Not into anything with chilli and beans associated, never part of our menu and never acquired the taste.

I just eat what's available and that's not much around here.

I've tried a few things others may not though.

Crocodile, Water Buffalo, Kangaroo and Emu.  Can't say I'd make a habit of them, except maybe the buff fillet, that was a tasty morsel.
I've eaten stewed Caribou, and had venison served in a fancy restaurant and found it pretty much like lamb but far more expensive, here anyway.

I don't think we have much that would rate as 'strange' here on the everyday menu, at least I don't.

Most (all) of our food derives from European or foreign origins rather than local. 

To be honest there's not a lot of edible native food to be found in OZ unless you're a Koori and want to work damned hard to find it.  
No natural grain crop that would have sustained civilization, no wheat or maize etc type plants, just tiny grass seeds and I can't recall, though I may be wrong, any reference to poridgy type foods being eaten by the Kooris at all.  Africans used maize meal etc but can't think of any basic grain meal being available here. There weren't anything approaching all those beans you folks eat either.
 There was only what fruit or seed could be picked from a bush in passing, or dug up or hunted,  which is why they were all nomadic and couldn't settle and 'civilize' the joint.  No daily bread in OZ. Nothing starchy except some root plants that are probably a kind of yam.
Fish and shellfish are fine, but you'd soon get tired of that.

'Bush Tucker' is something quaint to try once but believe me, you wouldn't want to have live on our native flora and fauna long term. When a big fat white squirming wichety grub is considered a delicacy to be eaten raw then you know there ain't much else around on offer.

Kebab anyone???  No?


----------



## Steve

I have eaten several different foods in my life but I will only mention a few...

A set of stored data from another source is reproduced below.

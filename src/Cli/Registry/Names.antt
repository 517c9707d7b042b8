-- ===== src/Cli/Registry/Names.antt =====
-- The names of the registry, through any sequence of operations.
use mathlib.Core.Path.{subst}
use mathlib.Core.Option.{some-injective}
use job_squire.Base.{
  ℕ, Bool, false, ◌||◌, ◌≡◌, refl, ap, sym, ◌∙◌, ◌⊎◌, inl, inr, some, List, [], ◌∷◌, ◌++◌, Text,
  ◌==◌, list_eq, nat_eq, Outcome, returns, raises, arith, Bool-cases, Option-cases, length,
}
use job_squire.Cli.Slug.{sanitize_slug}
use job_squire.Cli.Slug.Shape.{IsSlug, sanitize_slug-IsSlug}
use job_squire.Cli.Registry.{
  Instance, File, missing, malformed, holds, RegistryError, unreadable, registry_version,
  NewInstance, Change, load_registry, is_taken, new_row, add_row, add_instance, are_known,
  update_rows, update_loaded, update_instance, without, remove_loaded, remove_instance,
}
use job_squire.Cli.Registry.Rows.{set_fields_name}

-- Every name is a slug, and no name stands twice.
abbrev pub IsNamed : List Instance → Type 0
IsNamed [] = Unit
IsNamed (i ∷ rows) = IsSlug i.name × ((is_taken i.name rows ≡ false) × IsNamed rows)

-- A file that cannot be read names nothing.
abbrev pub IsRegistry : File → Type 0
IsRegistry missing = Unit
IsRegistry malformed = Unit
IsRegistry (holds v rows) = IsNamed rows

is_taken-last :
    (n : Text) (rows : List Instance) (new : Instance)
    → is_taken n (rows ++ new ∷ []) ≡ (is_taken n rows || new.name == n)
unfolding is_taken
is_taken-last n [] new = ground arith
is_taken-last n (i ∷ rows) new = ground (arith, is_taken-last n rows new)

IsNamed-last :
    (rows : List Instance) (new : Instance)
    → IsNamed rows
    → IsSlug new.name
    → is_taken new.name rows ≡ false
    → IsNamed (rows ++ new ∷ [])
unfolding is_taken
IsNamed-last [] new h s t = (s, (refl, tt))
IsNamed-last (i ∷ rows) new h s t =
    (h.0, (apart, IsNamed-last rows new h.1.1 s (ground (arith, t))))
  where
    apart : is_taken i.name (rows ++ new ∷ []) ≡ false
    apart = ground (arith, is_taken-last i.name rows new, h.1.0, t)

-- The names of the rows stay as they are.
abbrev SameNames : List Instance → List Instance → Type 0
SameNames rows after = (n : Text) → is_taken n after ≡ is_taken n rows

update_rows-IsNamed :
    (n : Text) (changes : List Change) (rows : List Instance) (x : List Instance × Instance)
    → update_rows n changes rows ≡ some x
    → IsNamed rows
    → IsNamed x.0 × SameNames rows x.0
unfolding update_rows is_taken
update_rows-IsNamed n changes [] x e h = absurd (cc)
update_rows-IsNamed n changes (k ∷ rows) x e h = elim (Bool-cases (k.name == n)) [
  | inl g ↦
      subst (λ (y : List Instance × Instance). IsNamed y.0 × SameNames (k ∷ rows) y.0)
        (some-injective _ x (simp g at e)) (simp (set_fields_name changes k) (h, (λ m. refl)))
  | inr g ↦ elim (Option-cases (update_rows n changes rows)) [
    | inl o ↦ absurd (cc (simp (g, o) at e))
    | inr (y, o) ↦
        let later : IsNamed y.0 × SameNames rows y.0 =
          update_rows-IsNamed n changes rows y o h.1.1 in
        subst (λ (y : List Instance × Instance). IsNamed y.0 × SameNames (k ∷ rows) y.0)
          (some-injective _ x (simp (g, o) at e))
          ((h.0, (later.1 k.name ∙ h.1.0, later.0)), (λ m. ap (λ b. k.name == m || b) (later.1 m)))
  ]
]

without-absent :
    (n m : Text) (rows : List Instance)
    → is_taken m rows ≡ false
    → is_taken m (without n rows) ≡ false
unfolding without is_taken
without-absent n m [] h = refl
without-absent n m (i ∷ rows) h = ground (arith, without-absent n m rows)

without-IsNamed : (n : Text) (rows : List Instance) → IsNamed rows → IsNamed (without n rows)
unfolding without
without-IsNamed n [] h = tt
without-IsNamed n (i ∷ rows) h = elim (Bool-cases (i.name == n)) [
  | inl e ↦ simp e (without-IsNamed n rows h.1.1)
  | inr e ↦ simp e (h.0, (without-absent n i.name rows h.1.0, without-IsNamed n rows h.1.1))
]

Loaded-IsNamed :
    (f : File)
    → IsRegistry f
    → (load_registry f ≡ raises unreadable)
      ⊎ ((l : ℕ × List Instance) × ((load_registry f ≡ returns l) × IsNamed l.1))
unfolding load_registry
Loaded-IsNamed missing h = inr ((registry_version, []), (refl, tt))
Loaded-IsNamed malformed h = inl refl
Loaded-IsNamed (holds v rows) h = inr ((v, rows), (refl, h))

abbrev result : {A : Type 0} → A → Outcome RegistryError A
result = returns

returned : {A : Type 0} {x y : A} → result x ≡ returns y → y ≡ x
returned p = cc

add_instance-IsRegistry :
    (today : Text) (new : NewInstance) (f : File) (x : File × Instance)
    → add_instance today new f ≡ returns x
    → IsRegistry f
    → IsRegistry x.0
unfolding add_instance add_row new_row
add_instance-IsRegistry today new f x e h = elim (Option-cases (sanitize_slug new.name)) [
  | inl s ↦ absurd (cc (rw (s, add_instance) at e))
  | inr (slug, s) ↦ elim (Loaded-IsNamed f h) [
    | inl l ↦ absurd (cc (rw (s, l, add_instance) at e))
    | inr ((v, rows), (l, named)) ↦
        let e' : add_row today slug new (v, rows) ≡ returns x = rw (s, l, add_instance) at e in
        elim (Bool-cases (is_taken slug rows)) [
          | inl t ↦ absurd (cc (rw (t, add_row) at e'))
          | inr t ↦
              let file : x.0 ≡ holds v (rows ++ new_row today slug new ∷ []) =
                ap (λ y. y.0) (returned (rw (t, add_row) at e')) in
              subst IsRegistry (sym file) (
                IsNamed-last rows (new_row today slug new) named
                  (sanitize_slug-IsSlug new.name slug s) t)
        ]
  ]
]

update_instance-IsRegistry :
    (n : Text) (changes : List Change) (f : File) (x : File × Instance)
    → update_instance n changes f ≡ returns x
    → IsRegistry f
    → IsRegistry x.0
unfolding update_instance update_loaded
update_instance-IsRegistry n changes f x e h = elim (Bool-cases (are_known changes)) [
  | inr k ↦ absurd (cc (rw (k, update_instance) at e))
  | inl k ↦ elim (Loaded-IsNamed f h) [
    | inl l ↦ absurd (cc (rw (k, l, update_instance) at e))
    | inr ((v, rows), (l, named)) ↦
        let e' : update_loaded n changes (v, rows) ≡ returns x = rw (k, l, update_instance) at e in
        elim (Option-cases (update_rows n changes rows)) [
          | inl o ↦ absurd (cc (rw (o, update_loaded) at e'))
          | inr (y, o) ↦
              let file : x.0 ≡ holds v y.0 =
                ap (λ z. z.0) (returned (rw (o, update_loaded) at e')) in
              subst IsRegistry (sym file) (update_rows-IsNamed n changes rows y o named).0
        ]
  ]
]

remove_instance-IsRegistry :
    (n : Text) (f : File) (x : File × Bool)
    → remove_instance n f ≡ returns x
    → IsRegistry f
    → IsRegistry x.0
unfolding remove_instance remove_loaded
remove_instance-IsRegistry n f x e h = elim (Loaded-IsNamed f h) [
  | inl l ↦ absurd (cc (rw (l, remove_instance) at e))
  | inr ((v, rows), (l, named)) ↦
      let e' : remove_loaded n f (v, rows) ≡ returns x = rw (l, remove_instance) at e in
      elim (Bool-cases (length (without n rows) == length rows)) [
        | inl k ↦
            let file : x.0 ≡ f = ap (λ z. z.0) (returned (rw (k, remove_loaded) at e')) in
            subst IsRegistry (sym file) h
        | inr k ↦
            let file : x.0 ≡ holds v (without n rows) =
              ap (λ z. z.0) (returned (rw (k, remove_loaded) at e')) in
            subst IsRegistry (sym file) (without-IsNamed n rows named)
      ]
]

-- A call of the module that may write the file.
pub data Operation : Type 0 where
  add : Text → NewInstance → Operation
  update : Text → List Change → Operation
  remove : Text → Operation

-- The file after a call; one that raises leaves it as it was.
abbrev left : {A : Type 0} → File → Outcome RegistryError (File × A) → File
left f (returns x) = x.0
left f (raises e) = f

abbrev pub perform : Operation → File → File
perform (add today new) f = left f (add_instance today new f)
perform (update n changes) f = left f (update_instance n changes f)
perform (remove n) f = left f (remove_instance n f)

abbrev pub perform_all : List Operation → File → File
perform_all [] f = f
perform_all (op ∷ ops) f = perform_all ops (perform op f)

left-IsRegistry :
    {A : Type 0} (f : File) (o : Outcome RegistryError (File × A))
    → ((x : File × A) → o ≡ returns x → IsRegistry x.0)
    → IsRegistry f
    → IsRegistry (left f o)
left-IsRegistry f (returns x) k h = k x refl
left-IsRegistry f (raises e) k h = h

perform-IsRegistry : (op : Operation) (f : File) → IsRegistry f → IsRegistry (perform op f)
perform-IsRegistry (add today new) f h =
    left-IsRegistry f (add_instance today new f) (λ x e. add_instance-IsRegistry today new f x e h)
      h
perform-IsRegistry (update n changes) f h =
    left-IsRegistry f (update_instance n changes f)
      (λ x e. update_instance-IsRegistry n changes f x e h) h
perform-IsRegistry (remove n) f h =
    left-IsRegistry f (remove_instance n f) (λ x e. remove_instance-IsRegistry n f x e h) h

-- From a registry whose names are slugs that differ from each other, such as a missing file, any sequence of
-- additions, updates and removals, with those that raise, leads to such a registry.
pub perform_all-IsRegistry :
    (ops : List Operation) (f : File) → IsRegistry f → IsRegistry (perform_all ops f)
perform_all-IsRegistry [] f h = h
perform_all-IsRegistry (op ∷ ops) f h =
    perform_all-IsRegistry ops (perform op f) (perform-IsRegistry op f h)
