-- ===== src/Cli/Registry/Refines.antt =====
-- The registry as a finite map: what a reader sees of the file is a function from names to records, and the operations
-- act on it as insertion, update and deletion.
use job_squire.Base.{
  ℕ, true, false, ◌≡◌, refl, ap, sym, ◌∙◌, inl, inr, Option, none, some, List, [], ◌∷◌, ◌++◌, Text,
  ◌==◌, ==_iff, list_eq, nat_eq, if◌then◌else◌, returns, Bool-cases, Option-cases, length,
}
use job_squire.Cli.Slug.{sanitize_slug}
use job_squire.Cli.Registry.{
  Instance, File, NewInstance, Change, load_registry, find, is_taken, new_row, add_row,
  add_instance, are_known, set_fields, update_rows, update_loaded, update_instance, without,
  remove_loaded, remove_instance,
}
use job_squire.Cli.Registry.Rows.{
  find-last, find-without, update_rows-find, without-absent, without-present, is_taken-find,
  find-is_taken,
}
use job_squire.Cli.Registry.Names.{Operation, add, update, remove, perform, perform_all}

-- What `get_instance` gives for each name.
abbrev pub Registry : Type 0
Registry = Text → Option Instance

-- The registry that a file holds, if it can be read.
abbrev pub IsView : File → Registry → Type 0
IsView f view =
    (l : ℕ × List Instance) × ((load_registry f ≡ returns l) × ((n : Text) → find n l.1 ≡ view n))

unfoldable pub set : Text → Option Instance → Registry → Registry
set n value view m = if n == m then value else view m

unfoldable pub add_absent : NewInstance → Text → Text → Option Instance → Registry → Registry
add_absent new today slug none view = set slug (some (new_row today slug new)) view
add_absent new today slug (some old) view = view

-- An addition under a name that has a slug, and no record yet.
unfoldable pub insert_new : Text → NewInstance → Option Text → Registry → Registry
insert_new today new none view = view
insert_new today new (some slug) view = add_absent new today slug (view slug) view

-- An update of a record that is there, with fields that are declared.
unfoldable pub change : Text → List Change → Option Instance → Registry → Registry
change n changes none view = view
change n changes (some old) view = set n (some (set_fields changes old)) view

unfoldable pub apply : Operation → Registry → Registry
apply (add today new) view = insert_new today new (sanitize_slug new.name) view
apply (update n changes) view = if are_known changes then change n changes (view n) view else view
apply (remove n) view = set n none view

unfoldable pub apply_operations : List Operation → Registry → Registry
apply_operations [] view = view
apply_operations (op ∷ ops) view = apply_operations ops (apply op view)

same_else :
    (n m : Text) (value : Option Instance) {a b : Option Instance}
    → a ≡ b
    → (if n == m then value else a) ≡ (if n == m then value else b)
same_else n m value e = ap (λ o. if n == m then value else o) e

IsView-add :
    (today : Text) (new : NewInstance) (f : File) (view : Registry)
    → IsView f view
    → IsView (perform (add today new) f) (apply (add today new) view)
unfolding apply insert_new add_absent add_instance add_row new_row set load_registry
IsView-add today new f view h = elim (Option-cases (sanitize_slug new.name)) [
  | inl s ↦ rw (s, add_instance) h
  | inr (slug, s) ↦
      let v = h.0.0 in
      let rows = h.0.1 in
      let l : load_registry f ≡ returns (v, rows) = h.1.0 in
      let seen : find slug rows ≡ view slug = h.1.1 slug in
      elim (Bool-cases (is_taken slug rows)) [
        | inl t ↦ elim (Option-cases (view slug)) [
          | inl o ↦ absurd (is_taken-find slug rows t (seen ∙ o))
          | inr o ↦ rw (s, l, add_instance) (rw (t, o.1, add_row) h)
        ]
        | inr t ↦
            let absent : view slug ≡ none = sym seen ∙ find-is_taken slug rows t in
            rw (s, l, add_instance)
              (rw (t, absent, add_row)
                (
                  (v, rows ++ new_row today slug new ∷ []),
                  (
                    refl,
                    λ m.
                        find-last m rows (new_row today slug new) t
                        ∙ same_else slug m (some (new_row today slug new)) (h.1.1 m),
                  ),
                ))
      ]
]

-- An update changes the first row of the name, if there is one.
data Touches (n : Text) (changes : List Change) (rows : List Instance) : Type 0 where
  absent : update_rows n changes rows ≡ none → find n rows ≡ none → Touches n changes rows
  present :
      (x : List Instance × Instance) (i : Instance)
      → update_rows n changes rows ≡ some x
      → find n rows ≡ some i
      → x.1 ≡ set_fields changes i
      → Touches n changes rows

update_rows-Touches :
    (n : Text) (changes : List Change) (rows : List Instance) → Touches n changes rows
unfolding update_rows find
update_rows-Touches n changes [] = absent refl refl
update_rows-Touches n changes (i ∷ rows) = elim (Bool-cases (i.name == n)) [
  | inl g ↦
      present (set_fields changes i ∷ rows, set_fields changes i) i (rw g refl) (rw g refl) refl
  | inr g ↦ later i rows g (update_rows-Touches n changes rows)
]
  where
    later :
        (i : Instance) (rows : List Instance)
        → (i.name == n) ≡ false
        → Touches n changes rows
        → Touches n changes (i ∷ rows)
    later i rows g (absent e h) = absent (rw (g, e) refl) (rw g h)
    later i rows g (present x j e h q) = present (i ∷ x.0, x.1) j (rw (g, e) refl) (rw g h) q

updated-IsView :
    (n : Text) (changes : List Change) (f : File) (view : Registry) (v : ℕ) (rows : List Instance)
    → are_known changes ≡ true
    → load_registry f ≡ returns (v, rows)
    → ((m : Text) → find m rows ≡ view m)
    → Touches n changes rows
    → IsView (perform (update n changes) f) (apply (update n changes) view)
unfolding apply change update_instance update_loaded set load_registry
updated-IsView n changes f view v rows k l seen (absent e o) =
    let gone : view n ≡ none = sym (seen n) ∙ o in
    rw (k, l, update_instance) (rw (e, gone, update_loaded) ((v, rows), (l, seen)))
updated-IsView n changes f view v rows k l seen (present x i e o q) =
    let there : view n ≡ some i = sym (seen n) ∙ o in
    rw (k, l, update_instance)
      (rw (e, there, update_loaded)
        (
          (v, x.0),
          (
            refl,
            λ m.
                (update_rows-find n m changes rows x e).0
                ∙ (ap (λ y. if n == m then some y else find m rows) q
                    ∙ same_else n m (some (set_fields changes i)) (seen m)),
          ),
        ))

IsView-update :
    (n : Text) (changes : List Change) (f : File) (view : Registry)
    → IsView f view
    → IsView (perform (update n changes) f) (apply (update n changes) view)
unfolding apply update_instance
IsView-update n changes f view h = elim (Bool-cases (are_known changes)) [
  | inr k ↦ rw (k, update_instance) h
  | inl k ↦
      updated-IsView n changes f view h.0.0 h.0.1 k h.1.0 h.1.1
        (update_rows-Touches n changes h.0.1)
]

IsView-remove :
    (n : Text) (f : File) (view : Registry)
    → IsView f view
    → IsView (perform (remove n) f) (apply (remove n) view)
unfolding apply remove_instance remove_loaded set load_registry
IsView-remove n f view h =
    let v = h.0.0 in
    let rows = h.0.1 in
    let l : load_registry f ≡ returns (v, rows) = h.1.0 in
    let deleted : (m : Text) → find m (without n rows) ≡ (if n == m then none else view m) =
      λ m. find-without n m rows ∙ same_else n m none (h.1.1 m) in
    elim (Option-cases (find n rows)) [
      | inl o ↦
          let same : without n rows ≡ rows = without-absent n rows o in
          let unchanged : (length (without n rows) == length rows) ≡ true =
            (==_iff (length (without n rows)) (length rows)).1 (ap length same) in
          rw (l, unchanged, remove_instance, remove_loaded)
            ((v, rows), (l, λ m. ap (find m) (sym same) ∙ deleted m))
      | inr (i, o) ↦
          rw (l, without-present n rows i o, remove_instance, remove_loaded)
            ((v, without n rows), (refl, deleted))
    ]

perform-IsView :
    (op : Operation) (f : File) (view : Registry)
    → IsView f view
    → IsView (perform op f) (apply op view)
perform-IsView (add today new) f view h = IsView-add today new f view h
perform-IsView (update n changes) f view h = IsView-update n changes f view h
perform-IsView (remove n) f view h = IsView-remove n f view h

-- The registry refines a finite map: if a file can be read and holds a map from names to records, then after any
-- sequence of calls, with those that raise, it can be read and holds the map to which the same calls lead, where an
-- addition inserts the new record under the slug of its name unless one is there, an update with declared fields
-- changes the record that is there, a removal deletes, and a call that raises does nothing.
pub perform_all-IsView :
    (ops : List Operation) (f : File) (view : Registry)
    → IsView f view
    → IsView (perform_all ops f) (apply_operations ops view)
unfolding apply_operations
perform_all-IsView [] f view h = h
perform_all-IsView (op ∷ ops) f view h =
    perform_all-IsView ops (perform op f) (apply op view) (perform-IsView op f view h)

I make a mamaliga pretty often..
Beaver..
Bear..
Frogs legs..
Chocolate covered aunts.. I had NO idea what I was eating till I was told..

Just to name a few...


----------



## SifuPhil

Di, that's just _so_ wrong on _so_ many levels! Even a bear would start retching if he saw those grubs!


----------



## Diwundrin

Yeah, they work like that for me too.


----------



## jrfromafar

crawdads
-- yep, etoufette

grits
-- yep, with hominy 

collards
-- collard greens? That's living...

sweet potatoes
--- pie, yep, but not fond of.
yams
--- same as sweet potatoes

chicken liver
--- when I was a kid - not for me

pork liver
---- nope - not for me

okra
--- yep - grow my own

purple hull, crowder or black eye peas
---- black eyed peas yes

hog jowl
--- you bet! Italians call it "Guanciale" - better than pancetta or Prosciutto. Original recipe for pasta carbonara calls for Guanciale!


----------



## SeaBreeze

Ozarkgal, I've had elk, venison and quail.  Steve, I've tried frog's legs and hated them, not like chicken at all IMO, lol!   Anyone every eat Halvah?  Just bought some from a European deli near me.


----------



## Phantom

Red Bellied Black

We caught him at work and BBQ'd him.....A bit like chicken


----------



## Diwundrin

Wouldn't be a lot of meat on that Phants.   
Sometimes I wonder which particular bit of the chicken some of these things taste like.


----------



## Steve

Halvah... 
Ah yes... There are several different flavours such as vanilla, chocolate, marble and I even saw some pistachio..
Talk about rich !!!!! 
Rich and totally delocious...


----------



## babyboomer

I'll try anything, and then decide if it's worth the money and the trouble!


----------



## CeeCee

SeaBreeze said:


> Ozarkgal, I've had elk, venison and quail.  Steve, I've tried frog's legs and hated them, not like chicken at all IMO, lol!   Anyone every eat Halvah?  Just bought some from a European deli near me.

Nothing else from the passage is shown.